Aim: We have developed a web-tool and Application Program Interface (API) to support submission of HLA data to public databanks such as the European Nucleotide Archive or GenBank and ultimately to the IPD-IMGT/HLA Database. The Sequence Feature Annotation Tool (SFAT) provides annotation of exons and introns which are a mandatory requirement for submission. Feature annotation can be a laborious and time-consuming process, particularly for groups with limited bioinformatics support. SFAT provides an intuitive UI with easy to navigate results and an API for programmatic users to perform concurrent queries. This replaces the existing feature annotation within the HLA Submission Tool allowing integration into custom bioinformatics pipelines. SFAT will be integrated into planned redevelopment of the HLA Submission Tool which aims to provide an easier user experience and more efficient submission processing.
Method: SFAT is developed in python using a Flask API and a web-based user interface. The tool uses Biopython’s pairwise alignment tool to identify feature boundaries using IPD-IMGT/HLA reference sequences. Specific HLA domain knowledge is used to resolve complex annotation. Results are returned in standard formats, allowing integration into HLA annotation pipelines and databank submissions.

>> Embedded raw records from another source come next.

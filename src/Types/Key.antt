-- ===== src/Types/Key.antt =====
-- The shape test and the key of a type, which is what the test compares.
use rayac.Base.{
  ℕ, zero, suc, true, ◌&&◌, ◌≡◌, ◌↔◌, refl, ap, ◌∙◌, sym, List, [], ◌∷◌, Bytes, bytes_eq,
  bytes_eq_sound, bytes_eq_refl, ◌==◌, ==_iff, ==_self, take, arith, Bool-cases, inl, inr,
  &&-eq-true,
}
use rayac.Ast.Syntax.{null}
use rayac.StringView.View.{StringView, content, sv_eq}
use rayac.Types.Shape.{
  SType, zero_struct, UnionRest, EnumRest, TraitRest, function, struct_, union_, enum_, trait,
  generic_param, same_refs, type_shape_eq, hash_type_shape,
}

-- The view over the bytes that it shows.
abbrev own : StringView → StringView
own n = record { data_ = content n; len = n.len }

-- The rest of the other kinds, forgotten.
abbrev zero_union : UnionRest
zero_union = record { fields = []; decl = null }

abbrev zero_enum : EnumRest
zero_enum = record { variants = []; decl = null }

abbrev zero_trait : TraitRest
zero_trait = record { required_methods = [] }

-- What the shape test compares: the kind, the numbers, the types referred to, the characters of the
-- name, and one count. Where the bytes of the name lie is forgotten, and so are the generic arguments,
-- the fields, the variants, the methods and the declaration of a named kind.
pub key : SType → SType
key (struct_ n k x) = struct_ (own n) k zero_struct
key (union_ n k x) = union_ (own n) k zero_union
key (enum_ n k x) = enum_ (own n) k zero_enum
key (trait n k x) = trait (own n) k zero_trait
key (generic_param n i) = generic_param (own n) i
key t = t

take-take : (n : ℕ) (xs : Bytes) → take n (take n xs) ≡ take n xs
take-take zero xs = refl
take-take (suc n) [] = refl
take-take (suc n) (x ∷ xs) = ap (◌∷◌ x) (take-take n xs)

sv_eq-own : (a b : StringView) → sv_eq a b ≡ true → own a ≡ own b
unfolding sv_eq
sv_eq-own a b h = elim (Bool-cases (a.len == b.len)) [
  | inr differ ↦ ground arith
  | inl same ↦
      let e = (==_iff a.len b.len).0 same in
      let m : bytes_eq (take a.len a.data_) (take a.len b.data_) ≡ true = ground arith in
      let c = bytes_eq_sound _ _ m ∙ ap (λ (n : ℕ). take n b.data_) e in
      λ i. record { data_ = c i; len = e i }
]

sv_eq_self : (a : StringView) → sv_eq a a ≡ true
unfolding sv_eq
sv_eq_self a = rw (==_self a.len, bytes_eq_refl)

same_refs_sound : (rs ss : List ℕ) → same_refs rs ss ≡ true → rs ≡ ss
unfolding same_refs
same_refs_sound [] [] h = refl
same_refs_sound (r ∷ rs) (s ∷ ss) h = ground (arith, same_refs_sound rs ss)
same_refs_sound rs ss h = ground arith

same_refs_self : (rs : List ℕ) → same_refs rs rs ≡ true
unfolding same_refs
same_refs_self [] = refl
same_refs_self (r ∷ rs) = ground (arith, same_refs_self rs)

-- A test of a name and a number, as in the named kinds.
named-key :
    (n n' : StringView) (k k' : ℕ) → (sv_eq n n' && k == k') ≡ true → (own n ≡ own n') × (k ≡ k')
named-key n n' k k' h = let (p, q) = &&-eq-true _ _ h in (sv_eq-own n n' p, (==_iff k k').0 q)

shape_eq-key : (a b : SType) → type_shape_eq a b ≡ true → key a ≡ key b
unfolding type_shape_eq key
shape_eq-key (struct_ n k x) (struct_ n' k' x') h =
    let (p, q) = named-key n n' k k' h in λ i. struct_ (p i) (q i) zero_struct
shape_eq-key (union_ n k x) (union_ n' k' x') h =
    let (p, q) = named-key n n' k k' h in λ i. union_ (p i) (q i) zero_union
shape_eq-key (enum_ n k x) (enum_ n' k' x') h =
    let (p, q) = named-key n n' k k' h in λ i. enum_ (p i) (q i) zero_enum
shape_eq-key (trait n k x) (trait n' k' x') h =
    let (p, q) = named-key n n' k k' h in λ i. trait (p i) (q i) zero_trait
shape_eq-key (generic_param n k) (generic_param n' k') h =
    let (p, q) = named-key n n' k k' h in λ i. generic_param (p i) (q i)
shape_eq-key (function ps r v) (function ps' r' v') h = ground (arith, same_refs_sound ps ps')
shape_eq-key a b h = ground arith

named_alike : (a b : StringView) → own a ≡ own b → sv_eq a b ≡ true
unfolding sv_eq
named_alike a b e =
    let n : a.len ≡ b.len = ap (λ (v : StringView). v.len) e in
    let shown : take a.len a.data_ ≡ take a.len b.data_ =
      ap (λ (v : StringView). v.data_) e ∙ ap (λ (m : ℕ). take m b.data_) (sym n) in
    rw ((==_iff a.len b.len).1 n, shown) (bytes_eq_refl _)

-- The name of a named kind; the kinds with no name have an empty one.
abbrev name_of : SType → StringView
name_of (struct_ n k x) = n
name_of (union_ n k x) = n
name_of (enum_ n k x) = n
name_of (trait n k x) = n
name_of (generic_param n i) = n
name_of t = record { data_ = []; len = 0 }

own_name : (a b : SType) → key a ≡ key b → own (name_of a) ≡ own (name_of b)
own_name a b e = back a ∙ ap name_of e ∙ sym (back b)
  where
    back : (t : SType) → own (name_of t) ≡ name_of (key t)
    back (struct_ n k x) = unfold key in refl
    back t = unfold key in refl

key-shape_eq : (a b : SType) → key a ≡ key b → type_shape_eq a b ≡ true
unfolding type_shape_eq key
key-shape_eq (struct_ n k x) (struct_ n' k' x') h =
    ground (arith, named_alike n n' (own_name (struct_ n k x) (struct_ n' k' x') h))
key-shape_eq (union_ n k x) (union_ n' k' x') h =
    ground (arith, named_alike n n' (own_name (union_ n k x) (union_ n' k' x') h))
key-shape_eq (enum_ n k x) (enum_ n' k' x') h =
    ground (arith, named_alike n n' (own_name (enum_ n k x) (enum_ n' k' x') h))
key-shape_eq (trait n k x) (trait n' k' x') h =
    ground (arith, named_alike n n' (own_name (trait n k x) (trait n' k' x') h))
key-shape_eq (generic_param n k) (generic_param n' k') h =
    ground (arith, named_alike n n' (own_name (generic_param n k) (generic_param n' k') h))
key-shape_eq (function ps r v) (function ps' r' v') h = ground (arith, same_refs_self ps)
key-shape_eq a b h = ground arith

-- The shape test holds of two types exactly when their keys are equal: the kinds, the numbers, the
-- types they refer to, the characters of the names and, of a named kind, its count (of generic
-- arguments, fields, variants or methods; the index of a generic parameter). It is not equality of the
-- types: the generic arguments, fields, variants, methods and declarations themselves are no part of a
-- key.
pub type_shape_eq_iff : (a b : SType) → (type_shape_eq a b ≡ true) ↔ (key a ≡ key b)
type_shape_eq_iff a b = (shape_eq-key a b, key-shape_eq a b)

pub shape_eq_refl : (a : SType) → type_shape_eq a a ≡ true
shape_eq_refl a = key-shape_eq a a refl

pub shape_eq_trans :
    (a b c : SType) → type_shape_eq a b ≡ true → type_shape_eq b c ≡ true → type_shape_eq a c ≡ true
shape_eq_trans a b c p q = key-shape_eq a c (shape_eq-key a b p ∙ shape_eq-key b c q)

pub shape_eq_sym : (a b : SType) → type_shape_eq a b ≡ true → type_shape_eq b a ≡ true
shape_eq_sym a b p = key-shape_eq b a (sym (shape_eq-key a b p))

hash-key :
    (address : ℕ → ℕ) (t : SType) → hash_type_shape address t ≡ hash_type_shape address (key t)
unfolding hash_type_shape key
hash-key address (struct_ n k x) = rw (take-take n.len n.data_)
hash-key address (union_ n k x) = rw (take-take n.len n.data_)
hash-key address (enum_ n k x) = rw (take-take n.len n.data_)
hash-key address (trait n k x) = rw (take-take n.len n.data_)
hash-key address (generic_param n k) = rw (take-take n.len n.data_)
hash-key address t = refl

-- Types of one shape have one hash, so they are looked for in one bucket.
pub shape_eq-hash :
    (address : ℕ → ℕ) (a b : SType)
    → type_shape_eq a b ≡ true
    → hash_type_shape address a ≡ hash_type_shape address b
shape_eq-hash address a b h =
    hash-key address a
    ∙ ap (hash_type_shape address) (shape_eq-key a b h)
    ∙ sym (hash-key address b)
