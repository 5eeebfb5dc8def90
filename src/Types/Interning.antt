-- ===== src/Types/Interning.antt =====
-- The type table is a map from shapes to types: a shape has one type, for good.
use native.Mathlib.Nat.{mod-lt}
use rayac.Base.{
  ℕ, zero, suc, ◌%◌, ◌≤◌, ◌<◌, true, false, ◌≡◌, refl, ap, ◌∙◌, sym, none, some, List, [], ◌∷◌,
  ◌++◌, length, length-append, get_or, get_or-set, set, ◌==◌, ==_iff, ==_self, if◌then◌else◌, arith,
  Bool-cases, Option-cases, ◌⊎◌, inl, inr, Bool-ext,
}
use rayac.Types.Key.{shape_eq_sym, shape_eq_trans, shape_eq-hash}
use rayac.Types.Shape.{SType, type_shape_eq, hash_type_shape, void}
use rayac.Types.Table.{
  Cell, TypeTable, type_table_buckets, cell_at, shape_at, bucket_of, find_in_chain, find_type,
  intern_with, intern_type,
}

-- The references lie in the table.
abbrev pub AreBelow : List ℕ → ℕ → Type 0
AreBelow [] n = Unit
AreBelow (r ∷ rs) n = (r < n) × AreBelow rs n

-- The table has its 256 buckets, which hold references to its types.
pub record IsValid (t : TypeTable) : Type 0 where
  pub buckets : length t.buckets ≡ type_table_buckets
  pub refs : (h : ℕ) → AreBelow (get_or t.buckets h []) (length t.cells)

-- The types that a later table keeps.
abbrev pub Extends : TypeTable → TypeTable → Type 0
Extends t t' =
    (length t.cells ≤ length t'.cells) × ((r : ℕ) → r < length t.cells → cell_at t' r ≡ cell_at t r)

pub get_or-append :
    {A : Type 0} (xs ys : List A) (i : ℕ) (d : A)
    → i < length xs
    → get_or (xs ++ ys) i d ≡ get_or xs i d
get_or-append [] ys i d h = elim h [ ]
get_or-append (x ∷ xs) ys zero d h = refl
get_or-append (x ∷ xs) ys (suc i) d h = get_or-append xs ys i d (omega arith)

pub get_or_last : {A : Type 0} (xs : List A) (x d : A) → get_or (xs ++ x ∷ []) (length xs) d ≡ x
get_or_last [] x d = refl
get_or_last (y ∷ xs) x d = get_or_last xs x d

pub AreBelow-mono : (rs : List ℕ) (n m : ℕ) → n ≤ m → AreBelow rs n → AreBelow rs m
AreBelow-mono [] n m h b = tt
AreBelow-mono (r ∷ rs) n m h b = (omega arith, AreBelow-mono rs n m h b.1)

-- A chain is searched alike in a later table.
find_in_chain-Extends :
    (t t' : TypeTable) (rs : List ℕ) (h : ℕ) (proto : SType)
    → Extends t t'
    → AreBelow rs (length t.cells)
    → find_in_chain t' rs h proto ≡ find_in_chain t rs h proto
unfolding find_in_chain
find_in_chain-Extends t t' [] h proto e b = refl
find_in_chain-Extends t t' (r ∷ rs) h proto e b =
    let same = e.1 r b.0 in
    rw (
      ap (λ (c : Cell). c.hash) same,
      ap (λ (c : Cell). c.shape) same,
      find_in_chain-Extends t t' rs h proto e b.1,
    )

-- The prototype that `intern_type` allocates, and the table that holds it.
abbrev pub with_proto : TypeTable → SType → TypeTable
with_proto t p = record t { cells = t.cells ++ record { shape = p; hash = bucket_of t p } ∷ [] }

pub with_proto-Extends : (t : TypeTable) (p : SType) → Extends t (with_proto t p)
with_proto-Extends t p = (
  omega (arith, length-append t.cells (record { shape = p; hash = bucket_of t p } ∷ [])),
  λ r h. get_or-append t.cells _ r _ h,
)

-- The table behind an interning that found no type.
abbrev pub with_new : TypeTable → SType → TypeTable
with_new t p = record (with_proto t p) {
  buckets = set t.buckets (bucket_of t p) (length t.cells ∷ get_or t.buckets (bucket_of t p) []);
}

pub intern_found :
    (t : TypeTable) (p : SType) (r : ℕ)
    → find_type t p ≡ some r
    → intern_type t p ≡ (r, with_proto t p)
unfolding intern_type intern_with
intern_found t p r e = ap (intern_with t p) e

pub intern_new :
    (t : TypeTable) (p : SType)
    → find_type t p ≡ none
    → intern_type t p ≡ (length t.cells, with_new t p)
unfolding intern_type intern_with
intern_new t p e = ap (intern_with t p) e

-- Prototypes of one shape are found alike.
chain_congr :
    (t : TypeTable) (rs : List ℕ) (h : ℕ) (p q : SType)
    → type_shape_eq p q ≡ true
    → find_in_chain t rs h p ≡ find_in_chain t rs h q
unfolding find_in_chain
chain_congr t [] h p q e = refl
chain_congr t (r ∷ rs) h p q e =
    let test : type_shape_eq (shape_at t r) p ≡ type_shape_eq (shape_at t r) q =
      Bool-ext _ _ (λ x. shape_eq_trans (shape_at t r) p q x e)
        (λ x. shape_eq_trans (shape_at t r) q p x (shape_eq_sym p q e)) in
    rw (test, chain_congr t rs h p q e)

pub find_congr :
    (t : TypeTable) (p q : SType) → type_shape_eq p q ≡ true → find_type t p ≡ find_type t q
unfolding find_type
find_congr t p q e =
    let same : bucket_of t p ≡ bucket_of t q =
      ap (λ (n : ℕ). n % type_table_buckets) (shape_eq-hash t.address p q e) in
    chain_congr t (get_or t.buckets (bucket_of t p) []) (bucket_of t p) p q e
    ∙ ap (λ (h : ℕ). find_in_chain t (get_or t.buckets h []) h q) same

find-with_proto :
    (t : TypeTable) (p q : SType) → IsValid t → find_type (with_proto t p) q ≡ find_type t q
unfolding find_type
find-with_proto t p q v =
    find_in_chain-Extends t (with_proto t p) (get_or t.buckets (bucket_of t q) []) (bucket_of t q) q
      (with_proto-Extends t p) (v.refs (bucket_of t q))

-- The new type at the head of a chain.
chain_head :
    (t t' : TypeTable) (rs : List ℕ) (h : ℕ) (p q : SType)
    → cell_at t' (length t.cells) ≡ record { shape = p; hash = h }
    → Extends t t'
    → AreBelow rs (length t.cells)
    → find_in_chain t' (length t.cells ∷ rs) h q
      ≡ (if type_shape_eq p q then some (length t.cells) else find_in_chain t rs h q)
chain_head t t' rs h p q c e b =
    let rest = find_in_chain-Extends t t' rs h q e b in
    let hash_is = ap (λ (x : Cell). x.hash) c in
    let shape_is = ap (λ (x : Cell). x.shape) c in
    unfold find_in_chain in (rw (hash_is, shape_is, ==_self h, rest))

find-with_new :
    (t : TypeTable) (p q : SType)
    → IsValid t
    → find_type (with_new t p) q
      ≡ (if type_shape_eq p q then some (length t.cells) else find_type t q)
unfolding find_type
find-with_new t p q v =
    let h = bucket_of t p in
    let k = bucket_of t q in
    let chain = length t.cells ∷ get_or t.buckets h [] in
    let in_range : h < length t.buckets =
      omega (arith, v.buckets, mod-lt (hash_type_shape t.address p) {m = type_table_buckets}) in
    let law = get_or-set t.buckets h k chain [] in_range in
    let last =
      get_or_last t.cells (record { shape = p; hash = h }) (record { shape = void; hash = 0 }) in
    let e = with_proto-Extends t p in
    elim (Bool-cases (h == k)) [
      | inl same ↦
          let hk = (==_iff h k).0 same in
          let here = chain_head t (with_new t p) (get_or t.buckets h []) h p q last e (v.refs h) in
          rw (law, same)
            (ap (λ (n : ℕ). find_in_chain (with_new t p) chain n q) (sym hk)
              ∙ here
              ∙ ap
                  (λ (n : ℕ).
                    if type_shape_eq p q
                    then some (length t.cells)
                    else find_in_chain t (get_or t.buckets n []) n q)
                  hk)
      | inr other ↦ elim (Bool-cases (type_shape_eq p q)) [
        | inl hit ↦ absurd (
            differ h k other
              (ap (λ (n : ℕ). n % type_table_buckets) (shape_eq-hash t.address p q hit)))
        | inr miss ↦
            rw (law, other, miss)
              (find_in_chain-Extends t (with_new t p) (get_or t.buckets k []) k q e (v.refs k))
      ]
    ]
  where
    differ : (h k : ℕ) → (h == k) ≡ false → h ≡ k → ⊥
    differ h k o e = ground arith

-- Behind an interning in a valid table, the shapes of the prototype have the type that was returned, and every
-- other shape has the type that it had.
pub find-intern :
    (t : TypeTable) (p q : SType)
    → IsValid t
    → find_type (intern_type t p).1 q
      ≡ (if type_shape_eq p q then some (intern_type t p).0 else find_type t q)
find-intern t p q v = elim (Option-cases (find_type t p)) [
  | inl none_ ↦ rw (intern_new t p none_) (find-with_new t p q v)
  | inr (r, found) ↦
      rw (intern_found t p r found)
        (find-with_proto t p q v ∙ known r found (Bool-cases (type_shape_eq p q)))
]
  where
    known :
        (r : ℕ)
        → find_type t p ≡ some r
        → (type_shape_eq p q ≡ true) ⊎ (type_shape_eq p q ≡ false)
        → find_type t q ≡ (if type_shape_eq p q then some r else find_type t q)
    known r found (inl hit) = rw hit (sym (find_congr t p q hit) ∙ found)
    known r found (inr miss) = rw miss refl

Results: In validation on over 58,000 submissions to IPD-IMGT/HLA over the last 25 years, SFAT correctly annotated 99.7% of sequences from curated submissions. Sequences with ambiguous annotation are due to polymorphisms in the expected splicing motifs. SFAT rapidly annotates sequences averaging 0.15 seconds per query in the validation set, and offers parallelisation for bulk queries. It is available to use and hosted as part of the IPD section on the European Bioinformatics Institute servers.
Conclusion: SFAT provides an intuitive pathway for automated feature annotation, suitable for use in bioinformatics pipelines and database submission. It provides an intuitive web-based UI and an API for large volumes of programmatic queries. SFAT is highly accurate, and validation demonstrates this even with the hyperpolymorphic HLA sequences. HLA complexity is an ongoing challenge for analysis pipelines. For highly complex sequences cDNA sequencing remains the most accurate way of annotating features. This work helps facilitate submission of data to IPD-IMGT/HLA and paves the way for future development of the HLA Submission Tool.